In the depths of the Second World War, when just about everything had gone wrong, the government sketched out a vision of the post-war new Jerusalem that they wanted to build, and that is what we’re doing now, in the teeth of this pandemic.

He then talked about a 'cosmic spanner' which is definitely not something from Doctor Who, which inspired a few jokes.

He then laid out his plans to build 48 new hospitals by 2030 but has only started work on eight and how many nurses have been recruited under the new government.

Johnson then used this to segue to talking about how they planning to fight crime. He highlighted how many new police officers are on the streets now but calls for 'results' and then agreed with home secretary Priti Patel, by saying that he is aiming to prevent "the criminal justice system from being hamstrung by lefty human rights lawyers and other do-gooders."

Johnson then promoted the Tories new education funding initiative and claimed that it was something that had 'intimidated government for the last century.'

We grasped a nettle that has intimidated governments for the last century. We broke down the senseless barrier between further education and higher education so that its just as easy to get a training course in engineering or IT as for a degree in politics because we are offering every adult four years funding in education.
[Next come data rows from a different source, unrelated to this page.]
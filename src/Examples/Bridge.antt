-- ===== src/Examples/Bridge.antt =====
-- internal/bridge: handshakes and host sessions.
use open_friend_mc.Prelude.{
  ℕ, ◌-◌, ◌^◌, ◌≡◌, refl, arith, true, false, List, [], ◌∷◌, ◌++◌, Bytes, length, take, drop,
  concat, none, some, codes, ok, comparable_nat, comparable_string, ◌↔◌, ◌⊎◌, String,
}
use open_friend_mc.Prelude.Assoc.{lookup, insert}
use open_friend_mc.Bridge.VarInt.{write_var_int, read_var_int}
use open_friend_mc.Bridge.VarInt.RoundTrip.{read_var_int-write_var_int}
use open_friend_mc.Bridge.Handshake.{
  Handshake, IsValid, handshake_body, decode_handshake, encode_handshake, read_framed_packet,
  packet,
}
use open_friend_mc.Bridge.Handshake.RoundTrip.{read_framed_packet-encode_handshake}
use open_friend_mc.Bridge.Tcp.{TcpBridge, IsLive}
use open_friend_mc.Bridge.HostSession.{HostSession, close, attach_tcp, on_peer_messages}
use open_friend_mc.Bridge.HostSession.Relay.{forwarded, IsFresh, on_peer_messages-forwarded}
use open_friend_mc.Bridge.HostSession.Delivery.{with_marker, forwarded-encode_handshake}
use open_friend_mc.Bridge.HostSession.Closing.{attach_tcp_after_close}
use open_friend_mc.Bridge.Session.{acceptor, new_session, attach_data_channel, on_messages}
use open_friend_mc.Bridge.Session.ToServer.{on_messages-forwarded}
use open_friend_mc.Bridge.Host.{
  HostManager, Candidate, answered, new_host_manager, remove_session, handle_ice, close_all,
  on_join_request, handle_offer, start_session, channel_open,
}
use open_friend_mc.Bridge.Host.Registry.{Inv}
use open_friend_mc.Bridge.Host.Isolation.{remove_session_exact, handle_ice_owner, with_ice}
use open_friend_mc.Bridge.Host.Hanging.{offer_hangs}
use open_friend_mc.Bridge.Host.Runs.{
  shutdown, Event, join_request, offer, opened, run, step, run-new_host_manager-Inv,
  one_open_session, close_all_closes,
}

two_bytes : write_var_int 300 ≡ 0xac ∷ 0x02 ∷ []
unfolding write_var_int
two_bytes = refl

minus_one : read_var_int (write_var_int (2 ^ 32 - 1)) ≡ ok (2 ^ 32 - 1, 5, [])
unfolding write_var_int read_var_int
minus_one = refl

read_back :
    read_var_int (write_var_int 300 ++ 7 ∷ []) ≡ ok (300, length (write_var_int 300), 7 ∷ [])
read_back = read_var_int-write_var_int 300 (7 ∷ []) (omega arith)

abbrev three : Bytes
three = 0xac ∷ 0x02 ∷ 9 ∷ []

abbrev nine : Bytes
nine = 9 ∷ []

abbrev login : Handshake
login = record {
  protocol_version = 765;
  server_address = codes "localhost";
  server_port = 25565;
  next_state = 2;
}

login-IsValid : IsValid login
login-IsValid = record {
  protocol_fits = omega arith;
  address_fits = omega arith;
  port_fits = omega arith;
  state_fits = omega arith;
}

login_read :
    (read_framed_packet (encode_handshake login ++ 5 ∷ [])
      ≡ packet (handshake_body login) (length (encode_handshake login)))
    × (decode_handshake (handshake_body login) ≡ ok login)
login_read = read_framed_packet-encode_handshake login (5 ∷ []) login-IsValid

abbrev framed : Bytes
framed = 3 ∷ 0 ∷ 1 ∷ 2 ∷ []

abbrev zeros : Bytes
zeros =
    0 ∷ 0 ∷ 0 ∷ 0 ∷ 0 ∷ 0 ∷ 0 ∷ 0 ∷ 0 ∷ 0 ∷ 0 ∷ 0 ∷ 0 ∷ 0 ∷ 0 ∷ 0 ∷ 0 ∷ 0 ∷ 0 ∷ 0 ∷ 0 ∷ 0 ∷ 0 ∷ 0
    ∷ 0 ∷ 0 ∷ 0 ∷ 0 ∷ 0 ∷ 0 ∷ 0 ∷ 0 ∷ []

-- A signature of 32 bytes that shows the key.
abbrev sign : Bytes → Bytes → Bytes
sign key text = take 32 (key ++ zeros)

abbrev key : Bytes
key = 1 ∷ 2 ∷ 3 ∷ []

abbrev nonce : Bytes
nonce = 1 ∷ 2 ∷ 3 ∷ 4 ∷ 5 ∷ 6 ∷ 7 ∷ 8 ∷ 9 ∷ 10 ∷ 11 ∷ 12 ∷ []

login_marked :
    forwarded sign key (some nonce) (encode_handshake login ++ 5 ∷ [])
    ≡ encode_handshake (with_marker sign key nonce login) ++ 5 ∷ []
login_marked =
    forwarded-encode_handshake sign key nonce refl refl login (5 ∷ []) login-IsValid (omega arith)

abbrev server : TcpBridge
server = record { written = []; writes = []; is_closed = false }

server-IsLive : IsLive server
server-IsLive = record { is_open = refl; takes_all = refl }

abbrev guest : HostSession
guest = record {
  from_pmid = 7;
  sid = "one";
  rtc = true;
  tcp = some server;
  closed = false;
  handshake_buf = [];
  handshake_done = false;
  shut_tcp = [];
  shut_rtc = 0;
  callbacks = 0;
}

guest-IsFresh : IsFresh guest server
guest-IsFresh = record { attached = refl; not_done = refl; no_bytes = refl }

abbrev pieces : List Bytes
pieces = (3 ∷ 0 ∷ []) ∷ (1 ∷ []) ∷ (2 ∷ 8 ∷ []) ∷ []

pieces-forwarded :
    (on_peer_messages sign (some key) (some nonce) guest pieces).tcp
    ≡ some (record server { written = [] ++ forwarded sign key (some nonce) (concat pieces) })
pieces-forwarded =
    on_peer_messages-forwarded sign (some nonce) key guest server pieces server-IsLive guest-IsFresh

-- The warm-up message in front of the pieces.
warmed_forwarded :
    let channel = attach_data_channel true (new_session acceptor) in
    (on_peer_messages sign
      (some key)
      (some nonce)
      guest
      (on_messages channel (codes "OFW0" ∷ pieces)).delivered).tcp
    ≡ some (record server {
      written = [] ++ forwarded sign key (some nonce) (drop 4 (concat (codes "OFW0" ∷ pieces)));
    })
warmed_forwarded =
    on_messages-forwarded sign (some nonce) key guest server true (codes "OFW0" ∷ pieces)
      server-IsLive guest-IsFresh

abbrev gone : HostSession
gone = record guest { closed = true; tcp = none; rtc = false }

attached_late :
    ((close (attach_tcp (some server) gone)).tcp ≡ some server)
    × ((close (attach_tcp (some server) gone)).shut_tcp ≡ [])
attached_late = attach_tcp_after_close gone server refl

-- A friend asks, opens a session and opens it again.
abbrev visit : List Event
visit =
    join_request 7 "one" true
    ∷ offer 7 "one" true true answered
    ∷ offer 7 "one" true true answered
    ∷ opened 1 (some server)
    ∷ []

visit-Inv : Inv (run sign (some key) new_host_manager visit)
visit-Inv = run-new_host_manager-Inv sign (some key) visit

abbrev second_visit : HostSession
second_visit = record {
  from_pmid = 7;
  sid = "one";
  rtc = true;
  tcp = some server;
  closed = false;
  handshake_buf = [];
  handshake_done = false;
  shut_tcp = [];
  shut_rtc = 0;
  callbacks = 0;
}

visit_found : lookup 1 (run sign (some key) new_host_manager visit).heap ≡ some second_visit
unfolding run step new_host_manager on_join_request handle_offer start_session channel_open
    attach_tcp close lookup insert
visit_found = refl

abbrev second_ref : ℕ
second_ref = 1

visit_open : second_ref ≡ second_ref
visit_open =
    one_open_session sign (some key) visit second_ref second_ref second_visit second_visit
      visit_found visit_found refl refl refl

abbrev after_visit : HostManager
after_visit = run sign (some key) new_host_manager visit

-- `close_all` leaves the session with its bridge closed.
abbrev closed_visit : HostSession
closed_visit = record {
  from_pmid = 7;
  sid = "one";
  rtc = false;
  tcp = none;
  closed = true;
  handshake_buf = [];
  handshake_done = false;
  shut_tcp = record server { is_closed = true } ∷ [];
  shut_rtc = 1;
  callbacks = 1;
}

visit_closed : lookup 1 (close_all after_visit).heap ≡ some closed_visit
unfolding run step new_host_manager on_join_request handle_offer start_session channel_open
    attach_tcp close lookup insert close_all remove_session
visit_closed = refl

all_closed : (closed_visit.closed ≡ true) × ((close_all after_visit).sessions ≡ [])
all_closed =
    close_all_closes after_visit 1 closed_visit (run-new_host_manager-Inv sign (some key) visit)
      visit_closed

abbrev table : HostManager
table = record {
  sessions = ("one", 1) ∷ [];
  heap = [];
  next_ref = 2;
  outbox = [];
  remote_ice = [];
  hung = false;
}

abbrev one : String
one = "one"

abbrev first_ref : ℕ
first_ref = 0

replaced_stays :
    (lookup one (remove_session one first_ref table).sessions ≡ some second_ref)
    ↔ ((lookup one table.sessions ≡ some second_ref) × ¬ ((one ≡ one) × (second_ref ≡ first_ref)))
replaced_stays = remove_session_exact one one first_ref second_ref table

abbrev candidate : Candidate
candidate = record { candidate = "udp"; sdp_mid = "0"; sdp_mline_index = 0 }

visit_ice :
    (handle_ice 7 "one" (some candidate) after_visit ≡ after_visit)
    ⊎ ((ref : ℕ) × (ps : HostSession) × (d : Candidate) × (some candidate ≡ some d)
        × (lookup "one" after_visit.sessions ≡ some ref)
        × (lookup ref after_visit.heap ≡ some ps)
        × (ps.from_pmid ≡ 7)
        × (ps.rtc ≡ true)
        × (handle_ice 7 "one" (some candidate) after_visit ≡ with_ice after_visit ref d))
visit_ice = handle_ice_owner 7 "one" (some candidate) after_visit

-- The friend sends another offer while the session is open, and the host is shut down.
visit_hangs :
    let q =
      run sign
        (some key)
        (step sign (some key) after_visit (offer 7 "one" true true answered))
        (shutdown ∷ []) in
    (q.hung ≡ true) × (q.sessions ≡ after_visit.sessions)
unfolding run step new_host_manager on_join_request handle_offer start_session channel_open
    attach_tcp close lookup insert
visit_hangs =
    offer_hangs sign (some key) 7 1 "one" answered second_visit server after_visit (shutdown ∷ [])
      refl refl refl refl refl refl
The PM then started to talk about wind turbine production and the green economy, something which the UK has decided to become the 'world leader in low-cost green power generation' and that offshore wind will soon be powering every home in the UK. Apparently, the UK is going to become 'the Saudi Arabia of wind.'

He also sneered at old remarks made by himself about wind power not being able to 'pull the skin off of a rice pudding.'

Johnson then takes a swipe at Labour telling them that 'Uncle Sugar' aka the taxpayer won't pay for everything.

I have a simple message for all those on the left of the Labour Party who think everything can be funded by 'Uncle Sugar, the taxpayer. It isn't the State that produces the new drugs and therapies we are now using.

It isn't the State that will hold the intellectual property of the vaccine, if and when we get one, it wasn't the State that made the gowns and the masks and the ventilators that we needed at such speed. It was the private sector with its rational interest in innovation and competition and market share and - yes - sales.

The PM then goes on to talk about the housing market and seems to have some grand ideas about how young people were working during lockdown.

During lockdown, there were millions of students who found themselves locked down in rented accommodation, without private space, without a garden, forced to used ironing boards for desks and bedrooms for offices.

He then complained about young people not being able to afford a home where they can't "add a knob or a knocker to the front door and in some cases, they can't even hang a picture."

He then pivoted back to Labour and literally accused them of wanting to pull statues down and clear reference to the Black Lives Matter protests we saw over the summer, adding that the Tories are proud of British history, which includes things such as slave trading.

We’re proud of this country’s culture, history and traditions. They literally want to pull statues down, to rewrite the history of our country, to edit our national CV to make it look more politically correct.

Johnson continued on the recent reassessment of Britain's history and touched on the controversy of singing 'Rule Britannia' at The Proms, adding that he was not embarrassed to sing the song.

We aren’t embarrassed about songs about how Britannia rules the waves. In fact, we are making sense of it with a Conservative national shipbuilding strategy.

He continued to lambast Labour and even took aim at the SNP who he claimed are trying to 'tear our country apart.'

Johnson then criticised Keir Starmer with his new favourite nickname for the Labour leader 'Captain Hindsight' and "his regiment of potshot, snipeshot fusiliers." Seriously, who talks like this?

Johnson concluded his speech by saying that Brexit will make Britain a more cosmopolitan nation and it will see people of all walks of life welcomed with open arms. Which given the anti-immigrant forces the 2016 vote has emboldened feels... like a bit of a reach.

With that Boris Johnson's 2020 Tory conference speech was in the books.